Researchers in the Netherlands have developed a new machine learning method capable of distinguishing sponsored or paid content within news platforms with greater than 90% accuracy, in response to the increasing interest of advertisers in news formats difficult from ” real “journalistic output.
The authors note that while standards are slowly but inexorably changing towards greater integration, although more reputable publications, which advertisers can more easily dictate terms, use reasonable efforts to distinguish “affiliate content” from mainstream news and analytics. between editorial and commercial teams in one medium, which they perceive as an alarming and negative trend.
‘The ability to disguise content, willingly or unwillingly, and the probability that advertorials are not recognized as such even if properly labelled is significant. Marketers call it native [advertising] for a reason.’
The work was carried out as part of a broader study of network news culture at Amsterdam’s ACED Reverb Channel, which focuses on the data-driven analysis of evolving journalistic trends.
Acquiring Data
To develop the source data for the project, the authors used 1,000 articles and 1,000 infomercials from four Dutch media and classified them according to their textual characteristics. Because the data set was relatively modest, the authors avoided large-scale approaches like BERT. , and instead evaluated the effectiveness of more classic machine learning frameworks, including Support Vector Machine (SVM), LinearSVC, Decision Tree, Random Forest, KNearest Neighbor (KNN), Stochastic Gradient Descent (SGD), and Naive Bayes.
The Reverb Channel corpus was able to provide the required 1,000 “direct” articles, but the writers had to extract the infomercials directly from the four Dutch websites submitted. The data obtained is limited (for copyright reasons) available on GitHub, along with some of the Python code that is used to retrieve and evaluate the data.
The four publications examined were the politically conservative Nu.nl, the more progressive Telegraaf, NRC and the business magazine De Ondernemer. Each publication was represented equally in the data.
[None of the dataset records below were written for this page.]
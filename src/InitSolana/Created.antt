-- ===== src/InitSolana/Created.antt =====
-- The accounts that cmd/init_solana/main.go makes, one after the other.
use tax_bro.Prelude.{
  ℕ, zero, suc, ◌+◌, ◌≤◌, ◌<◌, ◌≡◌, ◌≢◌, refl, subst, ◌∙◌, [], ◌++◌, length, ok, >>=-eq-ok,
  ok-injective, must, must-eq-ok, value, arith,
}
use native.Mathlib.Decide.{dec_lt}
use tax_bro.Text.{Bytes, codes}
use tax_bro.InitSolana.{
  Cache, Wallet, Files, must_print, print_bytes, save_private_key, save_data, save_cache,
  create_accounts, create_all, rounds_of, to_int,
}
use tax_bro.InitSolana.Keys.{
  IsDisk, json_list, from_index-joined, then-Adds, must_print-Adds, print_bytes-Adds,
}

abbrev pub key_path : Files → Bytes → Wallet → Bytes
key_path files dir wallet = files.join dir (codes "./pk_" ++ wallet.public_key ++ codes ".json")

abbrev pub data_path : Files → Bytes → Wallet → Bytes
data_path files dir wallet = files.join dir (codes "./data_" ++ wallet.public_key ++ codes ".json")

-- The paths of so many accounts are different ones: their public keys are.
pub record IsApart (files : Files) (dir : Bytes) (new_wallet : ℕ → Wallet) (n : ℕ) : Type 0 where
  pub keys :
      (j k : ℕ)
      → j < n
      → k < n
      → key_path files dir (new_wallet j) ≡ key_path files dir (new_wallet k)
      → j ≡ k
  pub data_apart :
      (j k : ℕ)
      → j < n
      → k < n
      → key_path files dir (new_wallet j) ≢ data_path files dir (new_wallet k)
  pub cache_apart :
      (j : ℕ) → j < n → key_path files dir (new_wallet j) ≢ files.join dir (codes "cache.json")

module _ (files : Files) (law : IsDisk files) (dir : Bytes) where
  save_private_key-read :
      (wallet : Wallet) (st st' : files.State)
      → save_private_key files dir wallet st ≡ ok st'
      → (files.read_file (key_path files dir wallet) st' ≡ value (json_list wallet.private_key))
        × ((q : Bytes)
            → q ≢ key_path files dir wallet
            → files.read_file q st' ≡ files.read_file q st)
  save_private_key-read wallet st st' e =
      let p = key_path files dir wallet in
      let key = wallet.private_key in
      let (st₁, made, e₁) = >>=-eq-ok (must (files.create p st)) _ e in
      let (st₂, opened, e₂) = >>=-eq-ok (must_print files p (codes "[") st₁) _ e₁ in
      let (st₃, listed, closed) = >>=-eq-ok (print_bytes files p (length key) 0 key st₂) _ e₂ in
      let (empty, kept) = law.created p st st₁ (must-eq-ok _ made) in
      let adds =
        then-Adds files law p _ _ st₁ st₂ st'
          (must_print-Adds files law p (codes "[") st₁ st₂ opened)
          (then-Adds files law p _ _ st₂ st₃ st'
            (print_bytes-Adds files law p (length key) 0 key st₂ st₃ (omega arith) listed)
            (must_print-Adds files law p (codes "]") st₃ st' closed)) in
      (rw (from_index-joined key) at (adds.own [] empty), λ q ne. adds.others q ne ∙ kept q ne)

  save_data-others :
      (wallet : Wallet) (st : files.State) {r : Bytes × files.State} (q : Bytes)
      → save_data files dir wallet.public_key st ≡ ok r
      → q ≢ data_path files dir wallet
      → files.read_file q r.1 ≡ files.read_file q st
  save_data-others wallet st q e ne =
      let p = data_path files dir wallet in
      let (st₁, made, e₁) = >>=-eq-ok (must (files.create p st)) _ e in
      let (st₂, printed, e₂) = >>=-eq-ok (must_print files p _ st₁) _ e₁ in
      rw (← ok-injective e₂) (
        (must_print-Adds files law p _ st₁ st₂ printed).others q ne
        ∙ (law.created p st st₁ (must-eq-ok _ made)).1 q ne)

  module _ (new_wallet : ℕ → Wallet) where
    create_accounts-others :
        (q : Bytes) (rounds i : ℕ) (args : Bytes) (st : files.State) {r : Bytes × files.State}
        → create_accounts files new_wallet dir rounds i args st ≡ ok r
        → ((k : ℕ)
            → i ≤ k
            → k < i + rounds
            → (q ≢ key_path files dir (new_wallet k)) × (q ≢ data_path files dir (new_wallet k)))
        → files.read_file q r.1 ≡ files.read_file q st
    create_accounts-others q zero i args st e apart = rw (← ok-injective e) refl
    create_accounts-others q (suc rounds) i args st e apart =
        let (st₁, saved, e₁) = >>=-eq-ok (save_private_key files dir (new_wallet i) st) _ e in
        let ((path, st₂), described, e₂) =
          >>=-eq-ok (save_data files dir (new_wallet i).public_key st₁) _ e₁ in
        let (not_key, not_data) = apart i (omega arith) (omega arith) in
        create_accounts-others q rounds (i + 1) _ st₂ e₂
          (λ k low high. apart k (omega arith) (omega arith))
        ∙ save_data-others (new_wallet i) st₁ q described not_data
        ∙ (save_private_key-read (new_wallet i) st st₁ saved).1 q not_key

    module _ (n : ℕ) (apart : IsApart files dir new_wallet n) where
      create_accounts-keys :
          (rounds i : ℕ) (args : Bytes) (st : files.State) {r : Bytes × files.State}
          → i + rounds ≡ n
          → create_accounts files new_wallet dir rounds i args st ≡ ok r
          → (j : ℕ) → i ≤ j
          → j < n
          → files.read_file (key_path files dir (new_wallet j)) r.1
            ≡ value (json_list (new_wallet j).private_key)
      create_accounts-keys zero i args st whole e j low high = absurd (omega arith)
      create_accounts-keys (suc rounds) i args st whole e j low high =
          let (st₁, saved, e₁) = >>=-eq-ok (save_private_key files dir (new_wallet i) st) _ e in
          let ((path, st₂), described, e₂) =
            >>=-eq-ok (save_data files dir (new_wallet i).public_key st₁) _ e₁ in
          let q = key_path files dir (new_wallet j) in
          elim (dec_lt i j) [
            | yes later ↦
                create_accounts-keys rounds (i + 1) _ st₂ (omega arith) e₂ j (omega arith) high
            | no same ↦
                let here : i ≡ j = omega arith in
                create_accounts-others q rounds (i + 1) _ st₂ e₂ (λ k above below. (
                  (λ same_path.
                      absurd
                        (let twice = apart.keys j k high (omega arith) same_path in omega arith)),
                  apart.data_apart j k high (omega arith),
                ))
                ∙ save_data-others (new_wallet i) st₁ q described
                    (apart.data_apart j i high (omega arith))
                ∙ subst
                    (λ x.
                      files.read_file (key_path files dir (new_wallet x)) st₁
                      ≡ value (json_list (new_wallet x).private_key))
                    here (save_private_key-read (new_wallet i) st st₁ saved).0
          ]

      pub create_all-keys :
          (num_accounts : ℕ) (st : files.State) {r : Bytes × files.State}
          → rounds_of (to_int num_accounts) ≡ n
          → create_all files new_wallet num_accounts dir (files.join dir (codes "cache.json")) st
            ≡ ok r
          → (j : ℕ) → j < n
          → files.read_file (key_path files dir (new_wallet j)) r.1
            ≡ value (json_list (new_wallet j).private_key)
      create_all-keys num_accounts st whole e j high =
          let path = files.join dir (codes "cache.json") in
          let q = key_path files dir (new_wallet j) in
          let rounds = rounds_of (to_int num_accounts) in
          let ((args, st₁), made, e₁) =
            >>=-eq-ok (create_accounts files new_wallet dir rounds 0 [] (files.mkdir dir st)) _ e in
          let (st₂, created, e₂) = >>=-eq-ok (must (files.create path st₁)) _ e₁ in
          let c : Cache = record { args = args; accounts = to_int num_accounts } in
          let (st₃, saved, e₃) = >>=-eq-ok (save_cache files path c st₂) _ e₂ in
          let (json, written, e₄) = >>=-eq-ok (must (files.marshal c)) _ saved in
          let other = apart.cache_apart j high in
          rw (← ok-injective e₃, ← ok-injective e₄)
            (law.others path json q st₂ other
              ∙ (law.created path st₁ st₂ (must-eq-ok _ created)).1 q other
              ∙ create_accounts-keys rounds 0 [] (files.mkdir dir st) (omega (arith, whole)) made j
                  (omega arith) high)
It was necessary to identify and exclude possible “leaks” in the research lexicon – words that could appear in both types of content with little difference between their frequency and usage in order to create clear patterns for true native and sponsored Contents.
Results
For all of the methods tested for identification, the best results were obtained with SVM, linearSVC, Random Forest, and SGD, so the researchers used SVM in subsequent analyzes.
The best modeling approach to extracting the classification across the corpus exceeded 90 ° accuracy, although the researchers find that clear classification becomes more difficult in B2B-oriented publications where the lexical overlap between perceived content and ” sponsored ”is an exaggeration, perhaps because the native style of business language is already more subjective than the general implementation of reporting and analysis conventions and an agenda can more easily obscure.
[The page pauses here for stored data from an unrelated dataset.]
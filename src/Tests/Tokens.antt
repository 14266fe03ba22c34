-- ===== src/Tests/Tokens.antt =====
-- Run tokens at concrete inputs.
use intelligent_agent_platfo.Base.{◌≡◌, ◌≢◌, refl, inr, none, some, List, [], ◌∷◌, arith}
use intelligent_agent_platfo.Effects.{ok}
use intelligent_agent_platfo.Database.{of_status, RunStatus, TokenId}
use intelligent_agent_platfo.Runtime.RunTokens.{
  RunnerAction, RunTokenClaims, TokenSubject, Signer, RunTokenService, IssuedRunToken, issue,
  verify, revoke, expiry,
}
use intelligent_agent_platfo.Runtime.RunTokens.Issue.{verify-issue}
use intelligent_agent_platfo.Runtime.RunTokens.Revoke.{verify-revoke, verify-revoke_others}
use intelligent_agent_platfo.Tests.Data.{base}

abbrev service : RunTokenService
service = record { issuer = 1; audience = 2; grace = 30 }

abbrev subject : TokenSubject
subject = record {
  run_id = 11;
  unit_id = 1;
  project_id = 2;
  snapshot_id = 40;
  digest = 41;
  expires_at = none;
}

-- A token that is its own claims.
abbrev signer : Signer RunTokenClaims
signer = record { signed = λ c. c; opened = some; opened-signed = λ c. refl }

abbrev permitted : List RunnerAction
permitted = RunnerAction.event_append ∷ RunnerAction.result_complete ∷ []

abbrev issued_claims : RunTokenClaims
issued_claims = record {
  iss = 1;
  aud = 2;
  jti = TokenId.uuid 99;
  run_id = 11;
  unit_id = 1;
  project_id = 2;
  snapshot_id = 40;
  snapshot_digest = 41;
  actions = permitted;
  iat = 100;
  nbf = 100;
  exp = 530;
}

abbrev token : IssuedRunToken RunTokenClaims
token = record { value = issued_claims; claims = issued_claims }

issued : issue signer service subject permitted 500 100 99 ≡ ok token
unfolding issue
issued = refl

verify-issue_example :
    verify signer service token.value 11 RunnerAction.result_complete 200 base ≡ ok issued_claims
verify-issue_example =
    verify-issue signer service subject permitted 500 100 99 200 token RunnerAction.result_complete
      base issued refl (omega arith) (unfold expiry in omega arith) refl

verify-revoke_example :
    (verify signer service issued_claims 11 RunnerAction.event_append 120
        (revoke 11 (of_status RunStatus.failed) 110 base).1
      ≢ ok issued_claims)
    × (verify signer service issued_claims 11 RunnerAction.event_append 120
          (revoke 10
            (of_status RunStatus.failed)
            115
            (revoke 11 (of_status RunStatus.failed) 110 base).1).1
        ≢ ok issued_claims)
verify-revoke_example =
    verify-revoke signer service issued_claims issued_claims (of_status RunStatus.failed)
      (of_status RunStatus.failed) 110 10 115 11 RunnerAction.event_append 120 base issued_claims
      refl (omega arith)

verify-revoke_others_example :
    verify signer service issued_claims 11 RunnerAction.event_append 120
      (revoke 11 (of_status RunStatus.waiting_approval) 90 base).1
    ≡ verify signer service issued_claims 11 RunnerAction.event_append 120 base
verify-revoke_others_example =
    verify-revoke_others signer service issued_claims issued_claims 99 11
      (of_status RunStatus.waiting_approval) 90 11 RunnerAction.event_append 120 base refl refl
      (inr (omega arith))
Is Sponsored Content ‘Fake News’?
The authors’ research suggests that their project is new in the field of news content analysis. Frameworks capable of identifying sponsored content could pave the way for the development of an annual follow-up of the balance between objective journalism and the increasing prevalence of “native advertising” found today. Almost the same context in most of the posts, using the same visual cues (CSS stylesheets and other formats) as general content.
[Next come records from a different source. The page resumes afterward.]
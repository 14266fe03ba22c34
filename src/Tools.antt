-- ===== src/Tools.antt =====
-- backend/app/tools: the calls of tools that an agent makes.
pub mod Gateway
pub mod Summary
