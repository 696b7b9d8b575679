-- ===== src/Kern/Tests/Mount.antt =====
-- Mounting what mkfs wrote to a disk of 1 GiB, and to one of 512 KiB
use gas_filesystem.Base.{ℕ, ◌≡◌, refl, arith, true, [], some, none}
use gas_filesystem.Kern.Types.{einval}
use gas_filesystem.Kern.Super.{Device, Mounted, mounted, failed, gas_fill_super}
use gas_filesystem.Kern.Super.Mount.{MountedFrom, gas_fill_super-MountedFrom}
use gas_filesystem.Kern.Super.Formatted.{IsWorking, gas_fill_super-configure, gas_fill_super_small}
use gas_filesystem.Makefs.Layout.{configure, init_super_block}

-- A device on which every call succeeds; block `b` holds `b`.
abbrev disk : ℕ → Device ℕ
disk size = record {
  bread_super = λ b. some (init_super_block (configure size));
  bread = λ b. some b;
  set_blocksize = λ b. true;
  kzalloc_sbi = true;
  iget_root = λ ino. none;
  make_root = true;
}

disk-IsWorking : (size : ℕ) → IsWorking (disk size)
disk-IsWorking size = record {
  allocates = refl;
  reads = λ b e. absurd (cc);
  blocksize = refl;
  root = refl;
  makes_root = refl;
}

gas_fill_super-configure_example : (m : Mounted ℕ) × (gas_fill_super (disk 1073741824) ≡ mounted m)
gas_fill_super-configure_example =
    gas_fill_super-configure (disk 1073741824) (disk-IsWorking 1073741824) 1073741824 refl
      (omega arith) (omega arith)

abbrev mounted_disk : (m : Mounted ℕ) × (gas_fill_super (disk 1073741824) ≡ mounted m)
mounted_disk =
    gas_fill_super-configure (disk 1073741824) (disk-IsWorking 1073741824) 1073741824 refl
      (omega arith) (omega arith)

gas_fill_super-MountedFrom_example : MountedFrom (disk 1073741824) mounted_disk.0
gas_fill_super-MountedFrom_example =
    gas_fill_super-MountedFrom (disk 1073741824) mounted_disk.0 mounted_disk.1

gas_fill_super_small_example : gas_fill_super (disk 524288) ≡ failed einval []
gas_fill_super_small_example =
    gas_fill_super_small (disk 524288) (disk-IsWorking 524288) 524288 refl (omega arith)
In a sense, the frequent lack of obvious context for sponsored content becomes part of the study of fake news, even though most publishers recognize the need to separate “church and state” and provide information to readers with clear divisions between paid and organically generated content, the realities of the post-print news scene, and increasing reliance on advertisers have made the lack of emphasis on sponsored indicators an art in user interface psychology. Sometimes the rewards of running sponsored content are tempting enough to risk a major optical disaster.
In 2015, the social media and competitive benchmarking platform Quintly offered an artificial intelligence-based detection method to determine if a Facebook post was sponsored and claimed an accuracy rate of 96%. the sponsored statement of content could “contribute to the deception”.
In 2017, MediaShift, an organization that studies the intersection between media and technology, observed the increasing extent to which the New York Times monetizes its business through its branded content studio, T Brand Studio, and each time less transparency on sponsored content asserts, with the implied result that readers will not be able to easily tell whether or not the content was organically generated.
In 2020, another research initiative in the Netherlands developed machine learning classifiers to automatically identify state-funded Russian news appearing on Serbian news platforms. Additionally, Forbes’ Media Content Solutions accounted for an estimated 40% of total revenue through BrandVoice in 2019. , the content study launched by the publisher in 2010.